Sunday, June 2, 2019

Soldiers Personal Narratives of the Vietnam War and The Vietnam War and the Tragedy of Containment :: Vietnam War Essays

Soldiers Personal Narratives of the Vietnam War and The Vietnam War and the Tragedy of Containment After reading the Soldiers Personal Narratives of the Vietnam War and The Vietnam War and the Tragedy of Containment, both information did not vary each other. What both information actually do is that they compliment each other. When reading The Vietnam War and the Tragedy of Containment, we are reading a historical abbreviation from a historians point of view. But not all of the analysis can really give the readers a sense of what the war is really like.

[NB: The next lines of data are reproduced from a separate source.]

-- ===== src/Ipc.antt =====
-- android/tunnel/tools/amneziawg-tools/src/ipc.c and ipc-uapi-unix.h: the list of the interfaces, and
-- the choice between the kernel and the daemon in user space.
pub mod Buffer
pub mod Names
use router1_app.Prelude.{
  ℕ, zero, suc, ◌+◌, ◌-◌, ◌*◌, Bool, true, false, Option, none, some, List, [], ◌∷◌, ◌++◌, ltb, leb,
  ◌==◌, if◌then◌else◌, Bytes, codes, Outcome, ◌>>=◌, ◌>>◌, ok, fail, fault, length, take, drop,
  replicate,
}
use router1_app.Libc.{strcmp_eq, split_first}
use router1_app.Containers.{Device}

-- struct string_list. `buffer` is the allocated array of `cap` bytes, of which `len` are used. Sizes
-- are taken not to reach 2 ^ 64.
pub record StringList : Type 0 where
  pub buffer : Bytes
  pub len : ℕ
  pub cap : ℕ

abbrev pub empty_list : StringList
empty_list = record { buffer = []; len = 0; cap = 0 }

-- `memcpy(buffer + i, src, ...)`: a write outside of the array is a fault.
unfoldable pub write : Bytes → ℕ → Bytes → Outcome Bytes
write buffer i src =
    if leb (i + length src) (length buffer)
    then ok (take i buffer ++ (src ++ drop (i + length src) buffer))
    else fault

-- The part under `if (len >= list->cap - list->len)`; `realloc` keeps the bytes, and what it adds is
-- taken as zeros.
unfoldable pub grow : StringList → ℕ → StringList
grow l size =
    let needed = l.len + size + 1 in
    let new_cap = if ltb (l.cap * 2) needed then needed else l.cap * 2 in
    if leb (l.cap - l.len) size
    then record { buffer = l.buffer ++ replicate (new_cap - l.cap) 0; len = l.len; cap = new_cap }
    else l

unfoldable pub string_list_add : StringList → Bytes → Outcome StringList
unfolding write grow
string_list_add l str =
    let size = length str + 1 in
    if size == 1 then ok l else do
      let g = grow l size
      b ← write g.buffer g.len (str ++ (0 ∷ []))
      b' ← write b (g.len + size) (0 ∷ [])
      ok (record { buffer = b'; len = g.len + size; cap = g.cap })

-- What ipc-uapi-unix.h takes from the system: whether the socket of an interface answers, and the
-- entries of the directory of the sockets, which can be read, or is missing and so has none.
pub record Sockets : Type 0 where
  pub answers : Bytes → Bool
  pub entries : List Bytes

unfoldable pub userspace_has_wireguard_interface : Sockets → Bytes → Bool
unfolding split_first
userspace_has_wireguard_interface s iface = elim (split_first b'/' iface) [
  | some parts ↦ false
  | none ↦ s.answers iface
]

-- SOCK_SUFFIX.
abbrev pub sock_suffix : Bytes
sock_suffix = codes ".sock"

-- The name of an entry without the suffix, if it has it behind a name.
unfoldable pub interface_name : Bytes → Option Bytes
unfolding strcmp_eq
interface_name name =
    let front = length name - length sock_suffix in
    if leb (length name) (length sock_suffix)
    then none
    else if strcmp_eq (drop front name) sock_suffix
    then some (take front name)
    else none

-- The loop over the entries.
unfoldable pub add_interfaces : Sockets → List Bytes → StringList → Outcome StringList
unfolding interface_name userspace_has_wireguard_interface string_list_add
add_interfaces s [] l = ok l
add_interfaces s (name ∷ more) l = elim (interface_name name) [
  | none ↦ add_interfaces s more l
  | some iface ↦ elim (userspace_has_wireguard_interface s iface) [
    | false ↦ add_interfaces s more l
    | true ↦ string_list_add l iface >>= add_interfaces s more
  ]
]

unfoldable pub userspace_get_wireguard_interfaces : Sockets → StringList → Outcome StringList
unfolding add_interfaces
userspace_get_wireguard_interfaces s l = add_interfaces s s.entries l

-- The names that the kernel reports, each added by `read_devices_cb`.
unfoldable pub add_names : List Bytes → StringList → Outcome StringList
unfolding string_list_add
add_names [] l = ok l
add_names (name ∷ more) l = string_list_add l name >>= add_names more

-- The buffer that ipc_list_devices returns, or a single NUL.
unfoldable pub ipc_list_devices : Sockets → Option (List Bytes) → Outcome Bytes
unfolding add_names userspace_get_wireguard_interfaces
ipc_list_devices s none = fail
ipc_list_devices s (some kernel) = do
  l ← add_names kernel empty_list
  l' ← userspace_get_wireguard_interfaces s l
  ok (if l'.cap == 0 then 0 ∷ [] else l'.buffer)

-- The text up to its NUL, and what stands behind it.
abbrev pub cstring : Bytes → Bytes × Bytes
cstring [] = ([], [])
cstring (c ∷ text) =
    let (front, rest) = cstring text in if c == 0 then ([], text) else (c ∷ front, rest)

-- The loop `for (len = 0; (len = strlen(interface)); interface += len + 1)` of show.c, over at most
-- so many names.
unfoldable pub interfaces : ℕ → Bytes → List Bytes
interfaces zero buffer = []
interfaces (suc n) buffer =
    let (name, rest) = cstring buffer in
    let more = name ∷ interfaces n rest in if length name == 0 then [] else more

-- The choice between the daemon and the kernel.
unfoldable pub ipc_get_device {ℓ} : {A : Type ℓ} → Sockets → (Bytes → A) → (Bytes → A) → Bytes → A
unfolding userspace_has_wireguard_interface
ipc_get_device s userspace kernel iface =
    if userspace_has_wireguard_interface s iface then userspace iface else kernel iface

unfoldable pub ipc_set_device {ℓ} :
    {A : Type ℓ} → Sockets → (Device → A) → (Device → A) → Device → A
unfolding userspace_has_wireguard_interface
ipc_set_device s userspace kernel d =
    if userspace_has_wireguard_interface s d.name then userspace d else kernel d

So by reading the Soldiers Personal Narratives of the Vietnam War, we are reading what the soldiers of the Vietnam War actually goes through and what the soldiers are thinking. For instance, from The Vietnam War and the Tragedy of Containment, it describes The Army wanted proof of enemy casualties--high land ratios--to present to Washington. Philip Caputo recalled If its dead and its Vietnamese, its Viet Cong, was the rule of th umb in compiling casualty statistics. Similarly from The Vietnam War and the Tragedy of Containment, it writes In March of 1968 an American unit was patrolling the liquidation of My Lai in Central Vietnam. They had suffered recent losses, were frustrated by their inability to find the enemy and anxious for revenge. They rounded up unarmed women, children, and elderly civilians, raped the women, then(prenominal) opened fire. The killed over 300 Vietnamese civilians, mostly women and children. By reading these passages, it makes readers feel disgusted about the war and how the leaders approached their frustrations of who their enemies were. But reading these passages does not give a personal detail of how the soldiers felt or were thinking as these tragedies were occuring. For instance, from the Soldiers Personal Narratives of the Vietnam Wars The Commo Man, it describes a very powerful narrative of how a Vietnamese civilian was shot by a U.S. soldier I knew what the Sarge was going to do, but I didnt say anything. I just watched, as if in a dream, unconnected from the world around me, paralyzed, impotent. I could have stopped it. The Bummer and I were close. All I had to do was say Bummer, dont do it. Just four exact words, and the spell would have been broken. Instead, I said nothing, and watched as Sarge put his rifle to his shoulder, took aim and fired.